SEVGİSİZ İNSANLAR YETİŞTİRİLMESİN

ABONE OL
11:11 - 03/07/2022 11:11
0

BEĞENDİM

ABONE OL
Kaplan
Best

….. Madımak katliamının acısına:

Her insan kendi içinde bulunduğu çağı, zamanı ve ortamı, toplumu yaşar, onlardan edindikleri ile kendisini geliştirir, kişiliğini oluşturur.

İnsanların ne denli çok ve farklı davranış biçimleri, kişilikleri var ise de ortak olan yönleri ve duyguları da vardır.

İnsanın en önemli ve ortak özelliği ise onun kendi beynidir.

Her şey ama her şey beyinsel kayıtlar ve kodlamalar ile ilgilidir.

Bizi var eden, insanı yönlendiren, nasıl olduğumuzu gösteren de hep kendi beyinsel yapımız, durumumuzdur.

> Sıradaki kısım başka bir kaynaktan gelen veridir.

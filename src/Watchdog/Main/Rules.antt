-- ===== src/Watchdog/Main/Rules.antt =====
-- How a statement about every pass of the main loop of src/init/watchdog.cpp is put together.
use audiox.Watchdog.Service.{Service}
use audiox.Watchdog.Runtime.{Ended, Reason, wait_for_runtime, start_watch}
use audiox.Watchdog.Main.{
  Option, Bool, started, reboot_asked, Main, Turn, Next, again, returned, rebooting, waiting, why,
  after_runtime, fork_failed, count_restart, reboot_or_count, after_end, watch_runtime, pass,
  run_main, start_runtime, pending_now, reboot_failed_trial,
}
use audiox.Boot.Disk.{Os, World}
use audiox.Prelude.{
  refl, [], ◌≡◌, some, ◌∷◌, none, false, ℕ, true, if◌then◌else◌, List, Option, Bool,
}

-- What holds after a run: `P` if the loop goes on, `Q` where the answers end, `D` when `main`
-- returns, `B` at a reboot.
abbrev pub Outcome : (P Q D B : Main → Type 0) → Next → Type 0
Outcome P Q D B (again m) = P m
Outcome P Q D B (returned m) = D m
Outcome P Q D B (rebooting m) = B m
Outcome P Q D B (waiting m) = Q m

abbrev pub AllTurns : (Turn → Type 0) → List Turn → Type 0
AllTurns T [] = Unit {0}
AllTurns T (t ∷ ts) = T t × AllTurns T ts

abbrev pub Any : Turn → Type 0
Any t = Unit {0}

pub AllTurns-Any : (ts : List Turn) → AllTurns Any ts
AllTurns-Any [] = tt
AllTurns-Any (t ∷ ts) = (tt, AllTurns-Any ts)

pub Outcome-if :
    (P Q D B : Main → Type 0) (b : Bool) (x y : Next)
    → Outcome P Q D B x
    → Outcome P Q D B y
    → Outcome P Q D B (if b then x else y)
Outcome-if P Q D B true x y p q = p
Outcome-if P Q D B false x y p q = q

-- What is to be shown of the parts of a pass: `P` holds between two passes, `Q` while the answers
-- are awaited, and `R` from the end of a runtime on.
pub record Rules (os : Os) (trial : Option (List ℕ)) (maximum : ℕ) (P Q D B R : Main → Type 0)
    : Type 0 where
  pub starts : (child : ℕ) (m : Main) → P m → Q (record m { log = started child ∷ m.log })
  pub fails : (t : Turn) (m : Main) → P m → Outcome P Q D B (fork_failed t m)
  pub ends :
      (t : Turn) (child : ℕ) (e : Ended) (s : Service) (m : Main)
      → P m
      → wait_for_runtime t.launch t.rounds (start_watch t.launch m.service) ≡ some (e, s)
      → R (after_runtime t child e s (record m { log = started child ∷ m.log }))
  pub asks : (w : World) (m : Main) → R m → R (record m { log = reboot_asked ∷ m.log; world = w })
  pub goes_down : (m : Main) → R m → B m
  pub counts : (t : Turn) (m : Main) → R m → Outcome P Q D B (count_restart os trial maximum t m)

module _ {os : Os} {trial : Option (List ℕ)} {maximum : ℕ} {P Q D B R : Main → Type 0}
    (rules : Rules os trial maximum P Q D B R) where
  reboot_or_count-Outcome :
      (t : Turn) (r : Reason) (m : Main)
      → R m
      → Outcome P Q D B (reboot_or_count os trial maximum t r m)
  unfolding reboot_or_count
  reboot_or_count-Outcome t r m v =
      let down = reboot_failed_trial os r t.rebooted m.world in
      let asked = record m { log = reboot_asked ∷ m.log; world = down.1 } in
      Outcome-if P Q D B down.0 (rebooting asked) (count_restart os trial maximum t asked)
        (rules.goes_down asked (rules.asks down.1 m v))
        (rules.counts t asked (rules.asks down.1 m v))

  after_end-Outcome :
      (t : Turn) (r : Reason) (m : Main) → R m → Outcome P Q D B (after_end os trial maximum t r m)
  unfolding after_end
  after_end-Outcome t r m v =
      Outcome-if P Q D B (pending_now os trial maximum t m) (reboot_or_count os trial maximum t r m)
        (count_restart os trial maximum t m) (reboot_or_count-Outcome t r m v) (rules.counts t m v)

  watch_runtime-Outcome :
      (t : Turn) (child : ℕ) (m : Main)
      → P m
      → Outcome P Q D B (watch_runtime os trial maximum t child m)
  unfolding watch_runtime
  watch_runtime-Outcome t child m v = ended _ refl
    where
      running : Main
      running = record m { log = started child ∷ m.log }

      ended :
          (o : Option (Ended × Service))
          → wait_for_runtime t.launch t.rounds (start_watch t.launch m.service) ≡ o
          → Outcome P Q D B (elim o [
            | none ↦ waiting running
            | some (e, s) ↦ after_end os trial maximum t (why e) (after_runtime t child e s running)
          ])
      ended none h = rules.starts child m v
      ended (some (e, s)) h = after_end-Outcome t (why e) _ (rules.ends t child e s m v h)

  pub pass-Outcome : (t : Turn) (m : Main) → P m → Outcome P Q D B (pass os trial maximum t m)
  unfolding pass
  pass-Outcome t m v = forked (start_runtime t.piped t.forked)
    where
      forked :
          (o : Option ℕ)
          → Outcome P Q D B (elim o [
            | none ↦ fork_failed t m
            | some child ↦ watch_runtime os trial maximum t child m
          ])
      forked none = rules.fails t m v
      forked (some child) = watch_runtime-Outcome t child m v

module _ (os : Os) (trial : Option (List ℕ)) (maximum : ℕ) (P Q D B : Main → Type 0)
    (T : Turn → Type 0) (weaken : (m : Main) → P m → Q m)
    (each : (t : Turn) (m : Main) → T t → P m → Outcome P Q D B (pass os trial maximum t m)) where
  -- What each pass keeps holds after a run.
  pub run_main-Outcome :
      (ts : List Turn) (m : Main)
      → AllTurns T ts
      → P m
      → Outcome P Q D B (run_main os trial maximum ts m)
  unfolding run_main
  run_main-Outcome [] m g v = weaken m v
  run_main-Outcome (t ∷ ts) m g v =
      go (pass os trial maximum t m) (each t m g.0 v) (λ m' p. run_main-Outcome ts m' g.1 p)
    where
      go :
          (n : Next)
          → Outcome P Q D B n
          → ((m' : Main) → P m' → Outcome P Q D B (run_main os trial maximum ts m'))
          → Outcome P Q D B (elim n [
            | again m' ↦ run_main os trial maximum ts m'
            | returned m' ↦ returned m'
            | rebooting m' ↦ rebooting m'
            | waiting m' ↦ waiting m'
          ])
      go (again m') p later = later m' p
      go (returned m') p later = p
      go (rebooting m') p later = p
      go (waiting m') p later = p
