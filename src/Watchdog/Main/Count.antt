-- ===== src/Watchdog/Main/Count.antt =====
-- How often the main loop of src/init/watchdog.cpp starts the runtime.
use audiox.Watchdog.Service.{Look, Service, sleep_supervising}
use audiox.Watchdog.Runtime.{Ended, gone, stuck, gives_up}
use audiox.Watchdog.Main.{
  start_main, main, add32, ℕ, Option, List, Event, started, killed, awaited, reboot_asked, Main,
  Turn, again, waiting, end_group, after_runtime, sleep_then, fork_failed, wait_to_restart,
  count_restart,
}
use audiox.Watchdog.Main.Rules.{Outcome, Rules, Any, AllTurns-Any, pass-Outcome, run_main-Outcome}
use audiox.Boot.Disk.{World, Os}
use audiox.Prelude.{
  Bool, true, false, leb, ◌&&◌, ◌==◌, not, ◌∷◌, dec_lt, ◌^◌, some, refl, [], ◌≤◌, ◌≡◌, ◌<◌, ◌+◌,
  none, arith, ℕ, Option, List,
}
use audiox.Prelude.Words.{add32}

abbrev pub starts : List Event → ℕ
starts [] = 0
starts (started c ∷ log) = starts log + 1
starts (killed c ∷ log) = starts log
starts (awaited c ∷ log) = starts log
starts (reboot_asked ∷ log) = starts log

pub starts-end_group :
    (child : ℕ) (e : Ended) (log : List Event) → starts (end_group child e log) ≡ starts log
unfolding end_group
starts-end_group child (gone r) log = refl
starts-end_group child (stuck r) log = refl

module _ (maximum : ℕ) where
  -- Between two passes: a restart for each start, and fewer than the maximum.
  abbrev pub Counted : Main → Type 0
  Counted m = (starts m.log ≡ m.restart_count) × (m.restart_count < maximum)

  abbrev Uncounted : Main → Type 0
  Uncounted m = (starts m.log ≡ m.restart_count + 1) × (m.restart_count < maximum)

  abbrev pub AtMost : Main → Type 0
  AtMost m = starts m.log ≤ maximum

  abbrev pub Exactly : Main → Type 0
  Exactly m = starts m.log ≡ maximum

  sleep_then-Counted :
      (t : Turn) (seconds : ℕ) (m : Main) (next : Service → Main)
      → AtMost m
      → ((s : Service) → Counted (next s))
      → Outcome Counted AtMost Exactly AtMost (sleep_then t seconds m next)
  unfolding sleep_then
  sleep_then-Counted t seconds m next q each = slept (sleep_supervising _ t.sleeps m.service)
    where
      slept :
          (o : Option Service)
          → Outcome Counted AtMost Exactly AtMost
              (elim o [ none ↦ waiting m | some s ↦ again (next s) ])
      slept none = q
      slept (some s) = each s

  Counted-AtMost : (m : Main) → Counted m → AtMost m
  Counted-AtMost m v = omega arith

module _ (os : Os) (trial : Option (List ℕ)) (maximum : ℕ) (some_limit : 0 < maximum)
    (limit : maximum < 2 ^ 32) where
  count_restart-Counted :
      (t : Turn) (m : Main)
      → Uncounted maximum m
      → Outcome
          (Counted maximum)
          (AtMost maximum)
          (Exactly maximum)
          (AtMost maximum)
          (count_restart os trial maximum t m)
  unfolding count_restart gives_up wait_to_restart
  count_restart-Counted t m v = elim (dec_lt (m.restart_count + 1) maximum) [
    | yes p ↦
        let c : (not (maximum == 0) && leb maximum (add32 m.restart_count 1)) ≡ false =
          ground arith in
        rw c (sleep_then-Counted maximum t _ _ _ (omega arith) (λ s. (omega arith, omega arith)))
    | no p ↦
        let c : (not (maximum == 0) && leb maximum (add32 m.restart_count 1)) ≡ true =
          ground arith in
        rw c (omega arith)
  ]

  pass-Rules :
      Rules os trial maximum
        (Counted maximum)
        (AtMost maximum)
        (Exactly maximum)
        (AtMost maximum)
        (Uncounted maximum)
  unfolding fork_failed after_runtime
  pass-Rules = record {
    starts = λ child m v. omega arith;
    fails = λ t m v. sleep_then-Counted maximum t _ m _ (omega arith) (λ s. v);
    ends =
        λ t child e s m v h. (omega (arith, starts-end_group child e (started child ∷ m.log)), v.1);
    asks = λ w m v. v;
    goes_down = λ m v. omega arith;
    counts = count_restart-Counted;
  }

  -- With a maximum of restarts from 1 to 2^32 - 1, whatever the system answers, `main` returns only after
  -- exactly that many starts of the runtime, and never starts it more often.
  pub main_starts :
      (path : List ℕ) (usable : Bool) (look : Look) (w : World) (ts : List Turn)
      → Outcome
          (Counted maximum)
          (AtMost maximum)
          (Exactly maximum)
          (AtMost maximum)
          (main os trial maximum path usable look w ts)
  unfolding main start_main
  main_starts path usable look w ts =
      run_main-Outcome os trial maximum (Counted maximum) (AtMost maximum) (Exactly maximum)
        (AtMost maximum) Any (Counted-AtMost maximum) (λ t m' g. pass-Outcome pass-Rules t m') ts
        (start_main path usable look w) (AllTurns-Any ts) (refl, some_limit)
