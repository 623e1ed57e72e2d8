-- ===== src/Watchdog/Service/Delays.antt =====
-- The delays between two starts of the service.
use audiox.Watchdog.Service.{
  add64, ℕ, Option, Bool, Service, Waited, reaped, no_child, nothing, next_backoff, back_off,
  start_service, handle_service_exit, after_wait, supervise_running, supervise_service,
}
use audiox.Prelude.{
  refl, sym, subst, ◌≡◌, ◌*◌, leb, ◌^◌, ◌<◌, false, ◌+◌, true, none, ◌≤◌, some, not, if◌then◌else◌,
  arith, ℕ, Option, Bool,
}
use audiox.Prelude.Words.{sub64, add64}

abbrev pub DelayOk : ℕ → Type 0
DelayOk d = (1 ≤ d) × (d ≤ 30)

pub next_backoff-DelayOk : (d : ℕ) → DelayOk d → DelayOk (next_backoff d)
unfolding next_backoff
next_backoff-DelayOk d v = (ground arith, ground arith)

back_off-DelayOk :
    (now : ℕ) (s : Service)
    → DelayOk s.restart_delay_seconds
    → DelayOk (back_off now s).restart_delay_seconds
unfolding back_off
back_off-DelayOk now s v = next_backoff-DelayOk s.restart_delay_seconds v

pub reset-DelayOk : (b : Bool) (d : ℕ) → DelayOk d → DelayOk (if b then 1 else d)
reset-DelayOk true d v = (omega arith, omega arith)
reset-DelayOk false d v = v

pub exit-DelayOk :
    (now : ℕ) (s : Service)
    → DelayOk s.restart_delay_seconds
    → DelayOk (handle_service_exit now s).restart_delay_seconds
unfolding handle_service_exit
exit-DelayOk now s v = back_off-DelayOk now _ (reset-DelayOk _ _ v)

start-DelayOk :
    (now : ℕ) (forked : Option ℕ) (s : Service)
    → DelayOk s.restart_delay_seconds
    → DelayOk (start_service now forked s).restart_delay_seconds
unfolding start_service
start-DelayOk now none s v = back_off-DelayOk now s v
start-DelayOk now (some child) s v = v

after_wait-DelayOk :
    (now : ℕ) (waited : Waited) (s : Service)
    → DelayOk s.restart_delay_seconds
    → DelayOk (after_wait now waited s).restart_delay_seconds
unfolding after_wait
after_wait-DelayOk now reaped s v = exit-DelayOk now s v
after_wait-DelayOk now no_child s v = v
after_wait-DelayOk now nothing s v = v

pub pick-DelayOk :
    (b : Bool) (s t : Service)
    → DelayOk s.restart_delay_seconds
    → DelayOk t.restart_delay_seconds
    → DelayOk (if b then s else t).restart_delay_seconds
pick-DelayOk true s t v w = v
pick-DelayOk false s t v w = w

running-DelayOk :
    (pid : Option ℕ) (now : ℕ) (waited : Waited) (forked : Option ℕ) (s : Service)
    → DelayOk s.restart_delay_seconds
    → DelayOk (supervise_running pid now waited forked s).restart_delay_seconds
unfolding supervise_running
running-DelayOk (some pid) now waited forked s v = after_wait-DelayOk now waited s v
running-DelayOk none now waited forked s v =
    pick-DelayOk _ (start_service now forked s) s (start-DelayOk now forked s v) v

-- Whatever waitpid and fork answer, supervising keeps the delay between 1 and 30 seconds.
pub supervise_service-DelayOk :
    (now : ℕ) (waited : Waited) (forked : Option ℕ) (s : Service)
    → DelayOk s.restart_delay_seconds
    → DelayOk (supervise_service now waited forked s).restart_delay_seconds
unfolding supervise_service
supervise_service-DelayOk now waited forked s v =
    pick-DelayOk (not s.enabled) s _ v (running-DelayOk s.pid now waited forked s v)

lt→leb : (a b : ℕ) → b < a → leb a b ≡ false
lt→leb a b h = ground arith

keep : (b : Bool) (s : Service) → (if b then s else s) ≡ s
keep true s = refl
keep false s = refl

-- A service that is not running is left alone before its time.
pub waits :
    (later : ℕ) (waited : Waited) (forked : Option ℕ) (s : Service)
    → s.pid ≡ none
    → later < s.next_start_ms
    → supervise_service later waited forked s ≡ s
unfolding supervise_service supervise_running
waits later waited forked s off early =
    rw (off, lt→leb s.next_start_ms later early, supervise_running) (keep (not s.enabled) _)

next_start :
    (now started d : ℕ)
    → DelayOk d
    → started ≤ now
    → now + 30000 < 2 ^ 64
    → add64 now ((if leb 60000 (sub64 now started) then 1 else d) * 1000)
      ≡ now + (if leb (started + 60000) now then 1 else d) * 1000
next_start now started d v up small = ground arith

-- After the service exits it is left alone until its delay is over: one second if it had run for a
-- minute, its current delay otherwise.
pub exit_waits :
    (now later : ℕ) (waited : Waited) (forked : Option ℕ) (s : Service)
    → DelayOk s.restart_delay_seconds
    → s.started_ms ≤ now
    → now + 30000 < 2 ^ 64
    → later < now + (if leb (s.started_ms + 60000) now then 1 else s.restart_delay_seconds) * 1000
    → supervise_service later waited forked (handle_service_exit now s) ≡ handle_service_exit now s
unfolding handle_service_exit back_off
exit_waits now later waited forked s v up small early = waits later waited forked _ refl (
    subst (λ t. later < t) (sym (next_start now s.started_ms s.restart_delay_seconds v up small))
      early)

İnsanın beyni “doğal” yapısı ile doğumla birlikte biçimlenmiş olsa bile asıl olan çevreden, toplumdan, ailesinden… aldıkları ile işlenmesi ve geliştirilmesi, yönlendirilmesidir.

Bunun için bir toplumdaki yapılar, kurumlar çağının gerisinde olmamalı ve yurttaşlarını en iyi donanım ve duygularla yetiştirebilmelidir.

İnsan ilişkilerinde en çok önem verilenlerin başında sevgi ile “karşılanmak”, sevgi “görmek” gelir.

Sevmek ve sevilmek temel duygu olarak bir insanı en çok etkileyendir.

İnsan ilişkilerindeki sevginin yeri ve oranı belki de tüm ilişkide en önemli etkendir.

Her insanın diğerlerine yaklaşımındaki sevgi ölçeği, oranı aynı mıdır?

İnsanlara sevgi ile yaklaşabilir olmak öyle birden olacak bir iş değildir aslında…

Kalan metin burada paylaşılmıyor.